_ACTIVITY:_
Within the material below, transcribe exactly the lines from the one holding "recv.buffer_start ≤ sub32 send.buffer_end send.buffer_start" through the one holding "Describes recv.buffer (sub32", keeping both ends and skipping the rest.

_AVAILABLE DATA:_
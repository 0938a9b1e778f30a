-- ===== src/NetCrypto/Request/Exchange.antt =====
-- toxcore/net_crypto.c: what a request packet does to the sender's window.
use mathlib.Core.Path.{subst}
use insert_project_name_here.Base.{
  ℕ, zero, suc, ◌+◌, ◌-◌, ◌%◌, ◌^◌, ◌≤◌, ◌<◌, ◌≡◌, ◌⊎◌, if◌then◌else◌, leb, ◌==◌, ◌||◌, inl, inr,
  none, some, List, [], ◌∷◌, arith, u32, sub32, refl,
}
use insert_project_name_here.NetCrypto.PacketsArray.{PacketsArray, Slots, buffer_size, store}
use insert_project_name_here.NetCrypto.PacketsArray.Window.{IsWindow}
use insert_project_name_here.NetCrypto.Request.{
  request_bytes, generate_request_packet, handle_bytes, handle_request_packet, mark_due,
  packet_id_request, latest_of,
}
use insert_project_name_here.NetCrypto.Request.Bytes.{
  content, content-store_due, content-store-none, Describes, stop, lack, full, have, Describes-if,
  request_bytes-Describes,
}

-- The first byte, if there is one, is 0 or at least `n`.
abbrev pub AtLeast : ℕ → List ℕ → Type 0
AtLeast n [] = Unit
AtLeast n (b ∷ bs) = (b ≡ 0) ⊎ (n ≤ b)

pub Describes-AtLeast : {r : Slots} {k i n : ℕ} {bs : List ℕ} → Describes r k i n bs → AtLeast n bs
Describes-AtLeast stop = tt
Describes-AtLeast (lack e h) = inr (omega arith)
Describes-AtLeast (full d e q h) = inl refl
Describes-AtLeast {bs = []} (have d e q h) = tt
Describes-AtLeast {bs = b ∷ bs} (have d e q h) = ground (arith, Describes-AtLeast h)

module _ (now rtt : ℕ) (r : Slots) (j : ℕ) (lacks : r j ≡ none) where
  handle_bytes-content :
      (last ks requested l : ℕ) (s : Slots) {kr i n : ℕ} {bs : List ℕ}
      → Describes r kr i n bs
      → i < 2 ^ 32
      → last < 2 ^ 32
      → ks ≡ sub32 last i
      → kr ≤ ks
      → 0 < n
      → n ≤ 255
      → content ((handle_bytes now rtt ks i last n bs requested l s).slots j) ≡ content (s j)
  unfolding handle_bytes
  handle_bytes-content last zero requested l s h hi hl e le hn hm = refl
  handle_bytes-content last (suc ks) requested l s stop hi hl e le hn hm = refl
  handle_bytes-content last (suc ks) requested l s {i = i} {n = n} (lack {bs = bs} no_packet h) hi
        hl e le hn hm =
      ground (
        arith,
        content-store_due now rtt (i % buffer_size) s j,
        handle_bytes-content last ks (u32 (requested + 1)) l
            (store s (i % buffer_size) (mark_due now rtt (s (i % buffer_size)))) h,
      )
  handle_bytes-content last (suc ks) requested l s {i = i} {n = n} (full {bs = bs} d e' q h) hi hl e
        le hn hm =
      ground (
        arith,
        content-store-none (i % buffer_size) r s j e' lacks,
        handle_bytes-content last ks requested (latest_of l (s (i % buffer_size)))
            (store s (i % buffer_size) none) h,
      )
  handle_bytes-content last (suc ks) requested l s {bs = []} (have d e' q h) hi hl e le hn hm = refl
  handle_bytes-content last (suc ks) requested l s {i = i} {n = n} {bs = b ∷ bs} (have d e' q h) hi
        hl e le hn hm =
      ground (
        arith,
        content-store-none (i % buffer_size) r s j e' lacks,
        Describes-AtLeast h,
        handle_bytes-content last ks requested (latest_of l (s (i % buffer_size)))
            (store s (i % buffer_size) none) h,
      )

-- The bytes behind the packet id.
unfoldable pub request_tail : ℕ → PacketsArray → List ℕ
request_tail len a =
    if a.buffer_start == a.buffer_end || leb len 1
    then []
    else request_bytes (sub32 a.buffer_end a.buffer_start) a.buffer_start a.buffer_end 1 (len - 1)
        a.buffer

pub generate_request_packet-tail :
    (len : ℕ) (a : PacketsArray) {p : List ℕ}
    → generate_request_packet len a ≡ some p
    → p ≡ packet_id_request ∷ request_tail len a
unfolding generate_request_packet request_tail
generate_request_packet-tail len a e = ground arith

pub request_tail-Describes :
    (len : ℕ) {a : PacketsArray}
    → IsWindow a
    → Describes a.buffer (sub32 a.buffer_end a.buffer_start) a.buffer_start 1 (request_tail len a)
unfolding request_tail
request_tail-Describes len {a} w =
    Describes-if a.buffer _ _ (a.buffer_start == a.buffer_end || leb len 1) _ (
      request_bytes-Describes a.buffer (sub32 a.buffer_end a.buffer_start) a.buffer_start
        a.buffer_end 1 (len - 1) w.start_word w.end_word refl (omega arith))

handle_tail-content :
    (now rtt latest : ℕ) (send : PacketsArray) (r : Slots) (j k : ℕ) (bs : List ℕ)
    → IsWindow send
    → r j ≡ none
    → k ≤ sub32 send.buffer_end send.buffer_start
    → Describes r k send.buffer_start 1 bs
    → content ((handle_request_packet now rtt send (packet_id_request ∷ bs) latest).0.buffer j)
      ≡ content (send.buffer j)
unfolding handle_request_packet
handle_tail-content now rtt latest send r j k [] w lacks le h = refl
handle_tail-content now rtt latest send r j k (b ∷ bs) w lacks le h =
    handle_bytes-content now rtt r j lacks send.buffer_end (sub32 send.buffer_end send.buffer_start)
      0 (2 ^ 64 - 1) send.buffer h w.start_word w.end_word refl le (omega arith) (omega arith)

-- If the receiver's and the sender's windows are well formed and start at the same number, the
-- receiver's is not longer, and the request packet that `generate_request_packet` makes of the
-- receiver's window is handled by the sender, then every slot that is empty at the receiver keeps
-- its packet at the sender, up to the time stamp: the sender never drops what the receiver lacks.
pub generate-handle_request_keeps :
    (recv send : PacketsArray) (len latest now rtt : ℕ) {packet : List ℕ}
    → IsWindow recv
    → IsWindow send
    → recv.buffer_start ≡ send.buffer_start
    → sub32 recv.buffer_end recv.buffer_start ≤ sub32 send.buffer_end send.buffer_start
    → generate_request_packet len recv ≡ some packet
    → (j : ℕ) → recv.buffer j ≡ none
    → content ((handle_request_packet now rtt send packet latest).0.buffer j)
      ≡ content (send.buffer j)
generate-handle_request_keeps recv send len latest now rtt {packet} wr ws es le e j lacks =
    rw (generate_request_packet-tail len recv e) (
      handle_tail-content now rtt latest send recv.buffer j
        (sub32 recv.buffer_end recv.buffer_start) (request_tail len recv) ws lacks le
        (subst
          (λ i.
            Describes recv.buffer (sub32 recv.buffer_end recv.buffer_start) i 1
              (request_tail len recv))
          es (request_tail-Describes len wr)))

_RESULT:_
    → sub32 recv.buffer_end recv.buffer_start ≤ sub32 send.buffer_end send.buffer_start
    → generate_request_packet len recv ≡ some packet
    → (j : ℕ) → recv.buffer j ≡ none
    → content ((handle_request_packet now rtt send packet latest).0.buffer j)
      ≡ content (send.buffer j)
generate-handle_request_keeps recv send len latest now rtt {packet} wr ws es le e j lacks =
    rw (generate_request_packet-tail len recv e) (
      handle_tail-content now rtt latest send recv.buffer j
        (sub32 recv.buffer_end recv.buffer_start) (request_tail len recv) ws lacks le
        (subst
          (λ i.
            Describes recv.buffer (sub32 recv.buffer_end recv.buffer_start) i 1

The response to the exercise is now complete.